Saved entries:

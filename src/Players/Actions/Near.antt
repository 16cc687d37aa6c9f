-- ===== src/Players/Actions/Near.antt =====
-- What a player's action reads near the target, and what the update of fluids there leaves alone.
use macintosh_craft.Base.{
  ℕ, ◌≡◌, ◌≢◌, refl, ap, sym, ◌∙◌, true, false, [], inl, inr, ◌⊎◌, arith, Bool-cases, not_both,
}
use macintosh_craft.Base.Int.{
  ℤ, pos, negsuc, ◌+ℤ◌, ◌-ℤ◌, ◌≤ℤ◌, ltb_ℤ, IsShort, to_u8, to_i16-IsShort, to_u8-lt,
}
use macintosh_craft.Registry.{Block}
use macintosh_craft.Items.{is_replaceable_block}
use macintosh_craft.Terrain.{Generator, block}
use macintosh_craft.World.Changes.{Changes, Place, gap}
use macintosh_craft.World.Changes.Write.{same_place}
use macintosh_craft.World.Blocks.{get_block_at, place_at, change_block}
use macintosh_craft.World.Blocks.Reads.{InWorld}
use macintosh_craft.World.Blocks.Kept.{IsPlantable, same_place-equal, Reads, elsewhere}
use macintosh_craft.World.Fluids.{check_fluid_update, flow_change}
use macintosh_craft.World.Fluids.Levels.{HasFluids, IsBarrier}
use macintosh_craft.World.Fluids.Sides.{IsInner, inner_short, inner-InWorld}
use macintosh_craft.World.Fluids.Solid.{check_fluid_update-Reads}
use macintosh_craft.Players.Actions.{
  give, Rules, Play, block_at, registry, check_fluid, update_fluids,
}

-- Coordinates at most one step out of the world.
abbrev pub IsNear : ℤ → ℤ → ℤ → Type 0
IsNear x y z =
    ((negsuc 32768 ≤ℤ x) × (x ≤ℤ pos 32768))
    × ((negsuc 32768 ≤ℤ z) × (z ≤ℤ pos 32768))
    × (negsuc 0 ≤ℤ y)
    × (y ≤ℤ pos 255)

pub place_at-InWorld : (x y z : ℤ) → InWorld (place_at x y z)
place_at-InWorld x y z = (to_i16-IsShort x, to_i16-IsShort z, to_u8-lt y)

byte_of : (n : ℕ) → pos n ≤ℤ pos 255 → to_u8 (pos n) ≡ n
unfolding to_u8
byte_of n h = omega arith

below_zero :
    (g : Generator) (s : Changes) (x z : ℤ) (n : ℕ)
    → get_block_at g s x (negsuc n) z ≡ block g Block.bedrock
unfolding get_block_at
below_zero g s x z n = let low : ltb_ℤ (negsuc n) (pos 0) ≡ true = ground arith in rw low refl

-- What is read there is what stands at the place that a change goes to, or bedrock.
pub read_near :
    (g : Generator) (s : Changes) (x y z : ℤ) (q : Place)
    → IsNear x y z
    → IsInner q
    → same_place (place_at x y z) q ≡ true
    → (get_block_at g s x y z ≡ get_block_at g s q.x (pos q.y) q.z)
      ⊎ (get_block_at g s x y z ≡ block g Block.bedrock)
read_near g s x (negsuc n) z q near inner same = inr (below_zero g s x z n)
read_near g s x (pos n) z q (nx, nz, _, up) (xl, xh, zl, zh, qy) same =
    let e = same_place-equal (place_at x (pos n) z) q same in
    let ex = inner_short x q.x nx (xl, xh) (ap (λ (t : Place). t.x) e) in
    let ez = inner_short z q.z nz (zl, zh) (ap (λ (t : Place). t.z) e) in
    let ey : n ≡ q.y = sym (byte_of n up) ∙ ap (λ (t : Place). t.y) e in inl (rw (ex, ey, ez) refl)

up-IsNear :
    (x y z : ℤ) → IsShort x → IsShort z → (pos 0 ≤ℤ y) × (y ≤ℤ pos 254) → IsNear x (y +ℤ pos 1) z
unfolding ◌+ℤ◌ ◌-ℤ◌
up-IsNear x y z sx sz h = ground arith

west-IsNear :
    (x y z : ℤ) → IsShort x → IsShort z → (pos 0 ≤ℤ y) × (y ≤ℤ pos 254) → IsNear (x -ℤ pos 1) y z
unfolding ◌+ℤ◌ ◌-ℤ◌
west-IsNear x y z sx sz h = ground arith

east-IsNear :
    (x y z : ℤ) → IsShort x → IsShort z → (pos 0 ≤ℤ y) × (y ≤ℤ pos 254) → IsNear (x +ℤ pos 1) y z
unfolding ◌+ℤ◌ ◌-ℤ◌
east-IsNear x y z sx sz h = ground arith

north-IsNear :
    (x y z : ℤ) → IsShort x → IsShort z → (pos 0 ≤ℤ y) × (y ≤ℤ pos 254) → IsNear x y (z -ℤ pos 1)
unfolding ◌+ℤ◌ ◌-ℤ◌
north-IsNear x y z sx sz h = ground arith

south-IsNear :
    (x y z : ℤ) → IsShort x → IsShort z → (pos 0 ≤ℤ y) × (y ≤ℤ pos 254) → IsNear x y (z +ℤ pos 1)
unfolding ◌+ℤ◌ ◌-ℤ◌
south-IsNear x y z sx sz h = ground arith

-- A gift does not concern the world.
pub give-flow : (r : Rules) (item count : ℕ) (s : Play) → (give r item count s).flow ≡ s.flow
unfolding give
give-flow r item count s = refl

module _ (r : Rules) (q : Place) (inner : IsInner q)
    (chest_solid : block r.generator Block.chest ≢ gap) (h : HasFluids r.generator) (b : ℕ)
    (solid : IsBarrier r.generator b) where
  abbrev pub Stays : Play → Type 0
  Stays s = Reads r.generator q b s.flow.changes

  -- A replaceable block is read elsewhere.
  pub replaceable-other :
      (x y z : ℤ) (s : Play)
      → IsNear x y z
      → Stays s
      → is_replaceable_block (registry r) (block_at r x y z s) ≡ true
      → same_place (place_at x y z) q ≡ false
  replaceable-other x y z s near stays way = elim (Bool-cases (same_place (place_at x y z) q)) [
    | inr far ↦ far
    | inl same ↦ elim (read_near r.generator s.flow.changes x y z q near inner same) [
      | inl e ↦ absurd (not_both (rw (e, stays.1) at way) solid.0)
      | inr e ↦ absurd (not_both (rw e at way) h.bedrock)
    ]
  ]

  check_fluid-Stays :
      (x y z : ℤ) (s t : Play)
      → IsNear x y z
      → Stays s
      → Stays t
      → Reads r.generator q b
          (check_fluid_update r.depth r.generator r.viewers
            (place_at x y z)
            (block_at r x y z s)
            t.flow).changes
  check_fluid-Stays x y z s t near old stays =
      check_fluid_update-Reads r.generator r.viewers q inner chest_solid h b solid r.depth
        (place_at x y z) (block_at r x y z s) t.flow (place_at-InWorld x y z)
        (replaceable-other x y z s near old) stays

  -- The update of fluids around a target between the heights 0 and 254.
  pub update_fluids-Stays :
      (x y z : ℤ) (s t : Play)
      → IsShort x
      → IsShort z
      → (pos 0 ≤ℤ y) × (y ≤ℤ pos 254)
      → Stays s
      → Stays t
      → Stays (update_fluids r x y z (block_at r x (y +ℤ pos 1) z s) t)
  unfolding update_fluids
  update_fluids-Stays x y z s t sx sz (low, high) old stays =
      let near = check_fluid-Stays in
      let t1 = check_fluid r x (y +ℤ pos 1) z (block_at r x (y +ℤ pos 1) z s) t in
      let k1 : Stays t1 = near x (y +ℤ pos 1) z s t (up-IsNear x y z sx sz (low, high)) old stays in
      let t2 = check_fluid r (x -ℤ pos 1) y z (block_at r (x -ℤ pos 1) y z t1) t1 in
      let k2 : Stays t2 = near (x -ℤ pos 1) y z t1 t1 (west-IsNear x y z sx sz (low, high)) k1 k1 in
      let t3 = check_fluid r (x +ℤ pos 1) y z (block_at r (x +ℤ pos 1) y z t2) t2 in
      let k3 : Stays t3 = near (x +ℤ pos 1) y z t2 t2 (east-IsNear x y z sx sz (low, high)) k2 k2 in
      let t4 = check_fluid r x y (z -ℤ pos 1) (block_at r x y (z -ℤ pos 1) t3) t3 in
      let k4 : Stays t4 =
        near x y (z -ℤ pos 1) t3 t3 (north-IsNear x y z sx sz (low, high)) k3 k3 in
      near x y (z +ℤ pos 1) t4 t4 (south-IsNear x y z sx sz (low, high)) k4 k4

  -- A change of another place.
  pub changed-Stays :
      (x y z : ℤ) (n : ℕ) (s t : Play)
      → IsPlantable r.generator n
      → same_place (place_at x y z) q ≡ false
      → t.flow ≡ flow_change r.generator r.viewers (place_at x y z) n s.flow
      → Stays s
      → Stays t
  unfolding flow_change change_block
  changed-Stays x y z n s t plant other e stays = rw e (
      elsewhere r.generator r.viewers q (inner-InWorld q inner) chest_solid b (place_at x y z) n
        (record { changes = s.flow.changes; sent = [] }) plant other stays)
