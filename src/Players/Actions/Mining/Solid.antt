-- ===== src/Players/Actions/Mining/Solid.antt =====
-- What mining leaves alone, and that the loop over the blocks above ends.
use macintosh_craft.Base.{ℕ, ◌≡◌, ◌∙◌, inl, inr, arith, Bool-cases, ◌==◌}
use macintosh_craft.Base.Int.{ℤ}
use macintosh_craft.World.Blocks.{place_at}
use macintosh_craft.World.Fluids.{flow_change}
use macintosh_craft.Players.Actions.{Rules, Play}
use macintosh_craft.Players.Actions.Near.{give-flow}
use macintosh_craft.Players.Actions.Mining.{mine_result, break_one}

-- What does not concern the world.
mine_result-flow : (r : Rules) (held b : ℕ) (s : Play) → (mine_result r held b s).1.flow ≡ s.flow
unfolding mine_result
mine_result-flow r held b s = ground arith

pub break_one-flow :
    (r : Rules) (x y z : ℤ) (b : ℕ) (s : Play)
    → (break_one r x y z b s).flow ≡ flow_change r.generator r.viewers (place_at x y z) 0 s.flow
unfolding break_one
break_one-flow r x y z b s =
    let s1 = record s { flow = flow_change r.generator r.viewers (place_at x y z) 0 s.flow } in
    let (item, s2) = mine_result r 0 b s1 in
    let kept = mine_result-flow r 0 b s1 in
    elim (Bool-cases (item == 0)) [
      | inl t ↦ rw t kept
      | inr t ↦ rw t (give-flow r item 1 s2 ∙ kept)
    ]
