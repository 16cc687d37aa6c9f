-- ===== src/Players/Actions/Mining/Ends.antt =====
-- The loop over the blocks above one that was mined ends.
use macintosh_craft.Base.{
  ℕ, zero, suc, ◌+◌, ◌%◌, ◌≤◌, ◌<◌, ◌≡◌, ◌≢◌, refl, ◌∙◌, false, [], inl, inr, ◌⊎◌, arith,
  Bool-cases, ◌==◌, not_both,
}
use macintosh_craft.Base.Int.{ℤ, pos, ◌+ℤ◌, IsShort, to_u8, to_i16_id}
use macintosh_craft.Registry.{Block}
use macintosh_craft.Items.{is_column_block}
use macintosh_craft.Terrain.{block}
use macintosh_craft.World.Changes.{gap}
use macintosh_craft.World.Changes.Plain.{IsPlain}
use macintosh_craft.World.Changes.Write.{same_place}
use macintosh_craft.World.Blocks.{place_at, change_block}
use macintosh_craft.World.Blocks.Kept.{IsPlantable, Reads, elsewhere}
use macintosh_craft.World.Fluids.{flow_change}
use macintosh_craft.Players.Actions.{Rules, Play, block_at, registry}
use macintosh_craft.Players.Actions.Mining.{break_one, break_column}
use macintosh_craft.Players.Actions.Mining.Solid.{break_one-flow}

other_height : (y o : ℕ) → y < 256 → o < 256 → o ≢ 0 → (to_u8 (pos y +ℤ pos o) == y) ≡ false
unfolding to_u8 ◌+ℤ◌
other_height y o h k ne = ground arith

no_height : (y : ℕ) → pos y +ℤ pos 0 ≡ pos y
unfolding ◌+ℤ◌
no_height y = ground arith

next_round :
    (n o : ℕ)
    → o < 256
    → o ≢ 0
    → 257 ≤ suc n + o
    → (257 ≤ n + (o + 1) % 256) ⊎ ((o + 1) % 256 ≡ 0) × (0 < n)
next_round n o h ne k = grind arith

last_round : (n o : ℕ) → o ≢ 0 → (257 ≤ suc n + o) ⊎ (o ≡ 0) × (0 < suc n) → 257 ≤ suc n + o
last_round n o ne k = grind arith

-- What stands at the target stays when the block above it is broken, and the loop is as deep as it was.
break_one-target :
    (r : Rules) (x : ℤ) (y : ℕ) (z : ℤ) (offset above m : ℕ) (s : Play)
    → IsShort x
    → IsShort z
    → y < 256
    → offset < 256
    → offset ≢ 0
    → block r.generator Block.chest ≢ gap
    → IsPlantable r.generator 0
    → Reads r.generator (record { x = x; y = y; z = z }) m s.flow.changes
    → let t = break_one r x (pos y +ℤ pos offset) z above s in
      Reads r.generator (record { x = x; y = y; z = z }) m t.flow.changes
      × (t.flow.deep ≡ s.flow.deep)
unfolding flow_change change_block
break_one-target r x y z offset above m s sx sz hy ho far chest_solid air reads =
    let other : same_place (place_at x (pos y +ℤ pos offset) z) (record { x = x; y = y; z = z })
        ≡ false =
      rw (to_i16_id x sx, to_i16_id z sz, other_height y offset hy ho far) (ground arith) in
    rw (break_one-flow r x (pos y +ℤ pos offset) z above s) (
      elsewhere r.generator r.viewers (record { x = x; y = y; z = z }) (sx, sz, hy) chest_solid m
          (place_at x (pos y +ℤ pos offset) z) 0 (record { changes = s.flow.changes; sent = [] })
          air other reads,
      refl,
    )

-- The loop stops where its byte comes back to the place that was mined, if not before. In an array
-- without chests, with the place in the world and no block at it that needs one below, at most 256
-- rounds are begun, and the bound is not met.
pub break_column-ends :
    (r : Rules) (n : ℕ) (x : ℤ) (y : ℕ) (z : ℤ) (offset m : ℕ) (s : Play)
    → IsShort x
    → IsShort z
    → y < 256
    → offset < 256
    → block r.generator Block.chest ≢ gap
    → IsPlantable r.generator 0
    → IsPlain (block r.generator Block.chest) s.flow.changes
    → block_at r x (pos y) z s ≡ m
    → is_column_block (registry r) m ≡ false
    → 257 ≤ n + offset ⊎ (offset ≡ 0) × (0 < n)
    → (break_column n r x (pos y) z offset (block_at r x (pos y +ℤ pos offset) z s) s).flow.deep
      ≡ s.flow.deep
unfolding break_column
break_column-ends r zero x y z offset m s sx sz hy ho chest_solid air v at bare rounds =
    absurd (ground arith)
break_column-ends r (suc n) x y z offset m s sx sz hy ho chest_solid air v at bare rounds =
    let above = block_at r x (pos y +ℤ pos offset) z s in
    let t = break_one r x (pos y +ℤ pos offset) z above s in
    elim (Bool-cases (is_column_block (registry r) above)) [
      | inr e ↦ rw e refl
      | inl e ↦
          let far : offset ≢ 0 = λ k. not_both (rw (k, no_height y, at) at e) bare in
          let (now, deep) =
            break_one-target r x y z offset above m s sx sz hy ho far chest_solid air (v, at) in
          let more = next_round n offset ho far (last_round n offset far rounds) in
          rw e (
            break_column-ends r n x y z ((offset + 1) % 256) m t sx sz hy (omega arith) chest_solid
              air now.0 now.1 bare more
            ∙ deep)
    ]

> [ACTIVITY] Reproduce exactly the lines above from the line with "let near = check_fluid-Stays in" to the line with "let t3 = check_fluid", including both, and add nothing.

> [TASK OUTPUT]
      let near = check_fluid-Stays in
      let t1 = check_fluid r x (y +ℤ pos 1) z (block_at r x (y +ℤ pos 1) z s) t in
      let k1 : Stays t1 = near x (y +ℤ pos 1) z s t (up-IsNear x y z sx sz (low, high)) old stays in
      let t2 = check_fluid r (x -ℤ pos 1) y z (block_at r (x -ℤ pos 1) y z t1) t1 in
      let k2 : Stays t2 = near (x -ℤ pos 1) y z t1 t1 (west-IsNear x y z sx sz (low, high)) k1 k1 in
      let t3 = check_fluid r (x +ℤ pos 1) y z (block_at r (x +ℤ pos 1) y z t2) t2 in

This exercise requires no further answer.